# Nothing ugly or bad about this.....:)



## Heartandsoul (Jan 5, 2012)

A brief epilogue: I had a very strong epiphany immediately following one of our more intense incidents due to my boys DA/reactivity. It was a break through moment that in a split second caused me to form a 2 part plan. This happened around late Dec..

Get him in private agilities and get him back to his trainer. 

I was able to get him into agilities just about right away and also to a one on one with his trainer shortly after. Just recently our trainer offered a group class so we signed up to help me and my boy with our issues.

Never in my life have I been around so many dogs by myself let alone with a dog aggressive dog. I honestly questioned my own courage to do this but I have a lot of faith in our trainer plus I did have dh watching on the sidelines for support.

I am so freaking proud of Sonny. I know it was hard at first for him also but he went through it like a champ and settled in with the group rhythm.

Here are some pics. (Cropped for obvious reasons-other people) I'm in the blue coat.

































The group of owners were so great. It wasn't a social event. We were all there to work and help our own dogs with varying degrees of issues but were at a certain level of obedience. The trainer and assistant seemed to be two steps ahead of any difficulties. 

The best best part: when we got home before Sonny and I crashed, Sonny did a full blown happy puppy zoomeis race on the deck. Lol. And he greeted me this morning as he always does, like I was the best human in the world.:laugh2::laugh2::laugh2:

Just wanted to share a little bit of our success.


----------



## Heartandsoul (Jan 5, 2012)

One more of us loose leash walking.


----------



## Ronin2016 (Feb 18, 2016)

Congrats! Sounds like a great day for you two! He looks pleased with himself in that last picture! As he should be. Keep up the good work!


----------



## selzer (May 7, 2005)

Awesome! For him to lie down around other dogs, that is great progress. It is a vulnerable position for a dog, and the ones that have serious dog aggressive issues have a terrible time with it. So, keep going to these group classes. When they are done, sign up for another, so it isn't always the same dogs that he sees. And just keep working on it. After two sets of classes, your dog should be pretty much ok with you telling him to sit or down and he should be comfortable while you are ensuring that other dogs stay out of his face.


----------



## viking (May 2, 2014)

Congratulations! You have a lot to be proud of!


----------



## dogma13 (Mar 8, 2014)

Excellent!So glad you were able to stay on top of it and are working through it!


----------



## Castlemaid (Jun 29, 2006)

Huge congrats!!! Those pics tell such a story. Good for you and Bravo for Sonny! Huge progress, and shows how much he trusts you and respects you to keep him safe from all those other 'scary' dogs.


----------



## GatorBytes (Jul 16, 2012)

Nice.


----------



## Dunkirk (May 7, 2015)

I couldn't help notice the 'ingredients' of your success story, You looked for a solution, your courage, your husband's support, your dog's confidence in you, and great trainers and group of dog owners. What a great story


----------



## Heartandsoul (Jan 5, 2012)

Thank you everyone, your encouragement and nice comments mean a lot. I also want to say a special thanks to a couple members who I reached out to for help.

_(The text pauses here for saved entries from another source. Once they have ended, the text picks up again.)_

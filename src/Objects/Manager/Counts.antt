-- ===== src/Objects/Manager/Counts.antt =====
-- Giving up the handles that an object owns, where no handle leads anywhere any more.
use packaged_task.Base.{
  ℕ, zero, suc, ◌+◌, ◌-◌, ◌≤◌, ◌<◌, ◌≡◌, refl, ap, ◌∙◌, inl, inr, List, [], ◌∷◌, ◌++◌, find, erase,
  assign, find-erase, find-assign, Option, Option-cases, none, some, Bool-cases, ◌==◌, leb,
  if◌then◌else◌, arith,
}
use packaged_task.Objects.State.{World, ObjHandle, ok, ◌>>=◌}
use packaged_task.Objects.Handles.{delete_pointee, destroy_handle, release, release_all}
use packaged_task.Objects.Steps.{after_ok, release_lem}

-- A handle with so many owners fewer: the last owner takes it along.
abbrev pub fewer : Option ObjHandle → ℕ → Option ObjHandle
fewer none k = none
fewer (some r) k =
    if k == 0
    then some r
    else if leb r.owners k
    then none
    else some (record r { owners = r.owners - k })

pub fewer-fewer : (o : Option ObjHandle) (a b : ℕ) → fewer (fewer o a) b ≡ fewer o (a + b)
fewer-fewer none a b = refl
fewer-fewer (some r) a b = ground arith

abbrev pub owners_of : Option ObjHandle → ℕ
owners_of none = 0
owners_of (some r) = r.owners

pub owners_of-fewer : (o : Option ObjHandle) (a : ℕ) → owners_of (fewer o a) ≡ owners_of o - a
owners_of-fewer none a = omega arith
owners_of-fewer (some r) a = ground arith

-- How often a list of components has a handle.
unfoldable pub count : ℕ → List (ℕ × ℕ) → ℕ
count h [] = 0
count h ((key, j) ∷ cs) = (if j == h then 1 else 0) + count h cs

pub count-append : (h : ℕ) (xs ys : List (ℕ × ℕ)) → count h (xs ++ ys) ≡ count h xs + count h ys
unfolding count
count-append h [] ys = omega arith
count-append h ((key, j) ∷ xs) ys = omega (arith, count-append h xs ys)

-- No handle leads to an object.
abbrev pub IsCleared : World → Type 0
IsCleared w = (h : ℕ) (r : ObjHandle) → find (suc h) w.handles ≡ some r → r.ptr ≡ 0

-- The handles have lost so many owners each.
abbrev pub Released : (lost : ℕ → ℕ) → World → List (ℕ × ObjHandle) → Type 0
Released lost w handles =
    (h : ℕ) → find (suc h) handles ≡ fewer (find (suc h) w.handles) (lost (suc h))

pub Released-IsCleared :
    (lost : ℕ → ℕ) (w : World) (handles : List (ℕ × ObjHandle))
    → IsCleared w
    → Released lost w handles
    → (h : ℕ) (r : ObjHandle) → find (suc h) handles ≡ some r
    → r.ptr ≡ 0
Released-IsCleared lost w handles clear all h r e = elim (Option-cases (find (suc h) w.handles)) [
  | inl gone ↦ ground (arith, all h, gone)
  | inr (q, there) ↦ ground (arith, all h, there, clear h q there)
]

release_cleared :
    (p : ℕ) (w : World)
    → IsCleared w
    → 0 < owners_of (find (suc p) w.handles)
    → (handles : List (ℕ × ObjHandle)) × (release (suc p) w
        ≡ ok tt (record w { handles = handles }))
      × Released (λ h. if suc p == h then 1 else 0) w handles
unfolding release destroy_handle delete_pointee
release_cleared p w clear owned = elim (Option-cases (find (suc p) w.handles)) [
  | inl gone ↦ absurd (ground (arith, gone))
  | inr (r, there) ↦ elim (Bool-cases (r.owners == 1)) [
    | inl last ↦ (
      erase (suc p) w.handles,
      rw (there, ◌>>=◌, last, clear p r there) refl,
      λ h. ground (arith, find-erase (suc p) (suc h) w.handles, there),
    )
    | inr shared ↦ (
      assign (suc p) (record r { owners = r.owners - 1 }) w.handles,
      release_lem p r w there shared,
      λ h. ground (
        arith,
        find-assign (suc p) (suc h) (record r { owners = r.owners - 1 }) w.handles,
        there,
      ),
    )
  ]
]

-- Null handles are skipped; of every other the count is taken off.
pub release_all_cleared :
    (cs : List (ℕ × ℕ)) (w : World)
    → IsCleared w
    → ((h : ℕ) → count (suc h) cs ≤ owners_of (find (suc h) w.handles))
    → (handles : List (ℕ × ObjHandle)) × (release_all cs w ≡ ok tt (record w { handles = handles }))
      × Released (λ h. count h cs) w handles
unfolding release_all count
release_all_cleared [] w clear enough = (
  w.handles,
  refl,
  λ h. elim (find (suc h) w.handles) as (λ o. o ≡ fewer o 0) [ none ↦ refl | some r ↦ refl ],
)
release_all_cleared ((key, zero) ∷ cs) w clear enough =
    let (handles, ends, all) = release_all_cleared cs w clear (λ h. ground (arith, enough h)) in
    (handles, after_ok (release zero) _ w null_released ∙ ends, λ h. ground (arith, all h))
  where
    null_released : release zero w ≡ ok tt w
    null_released = unfold release in refl
release_all_cleared ((key, suc p) ∷ cs) w clear enough =
    let (first, released, once) = release_cleared p w clear (ground (arith, enough p)) in
    let (handles, ends, all) =
      release_all_cleared cs (record w { handles = first })
        (Released-IsCleared (λ h. if suc p == h then 1 else 0) w first clear once)
        (λ h. ground (
          arith,
          enough h,
          once h,
          owners_of-fewer (find (suc h) w.handles) (if suc p == suc h then 1 else 0),
        )) in
    (
      handles,
      after_ok (release (suc p)) _ w released ∙ ends,
      λ h.
          all h
          ∙ ap (λ o. fewer o (count (suc h) cs)) (once h)
          ∙ fewer-fewer (find (suc h) w.handles) _ _,
    )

Sonny is a great dog. He pushes me to be creative with his little bit of "ok, i'll do it but in slow motion" he makes me laugh a lot and he is so stoic in other areas.

Sometimes I have to let go of my own issues and just trust in others. I do have a great trainer. 

My boy deserves nothing less than a confident and competent handler. He and I are truly a team.


----------



## Jenny720 (Nov 21, 2014)

Beautifully done this where classes are very helpful- I like the fact it's outside!


----------



## Slamdunc (Dec 6, 2007)

That is awesome, way to go! Good job and pretty work.


----------



## Besketball (Apr 27, 2016)

That is exciting, great job


----------



## Heartandsoul (Jan 5, 2012)

Seltzer, I do plan to take his classes for as long as he offers them. I want to get a CGC behind his name. 

I do have a question for anyone who has insight on this: is there such a thing as group mentality for dogs? I know it wouldn't be the same as pack mentality, but honestly, once the dogs got further into the hour of the class, the less issues there were and close to the end of class there were no outbursts.

The "group mentality" seemed very evident when the trainer had us group ourselves in 5's, put the dogs facing the outside in a sit butt to butt. Then had us command the down. It just seemed like once the better obedient dogs went down, the rest followed more easily.

Now, our trainer did take Sonny to walk with him for a few minutes at the beginning which did make the rest easier for me but with all of my on-my-own attempts to help my
boy, he was so much easier in the class. And there were 20 dogs.

All I can figure is that because dogs are social animals they observe the group and want to do as others do. 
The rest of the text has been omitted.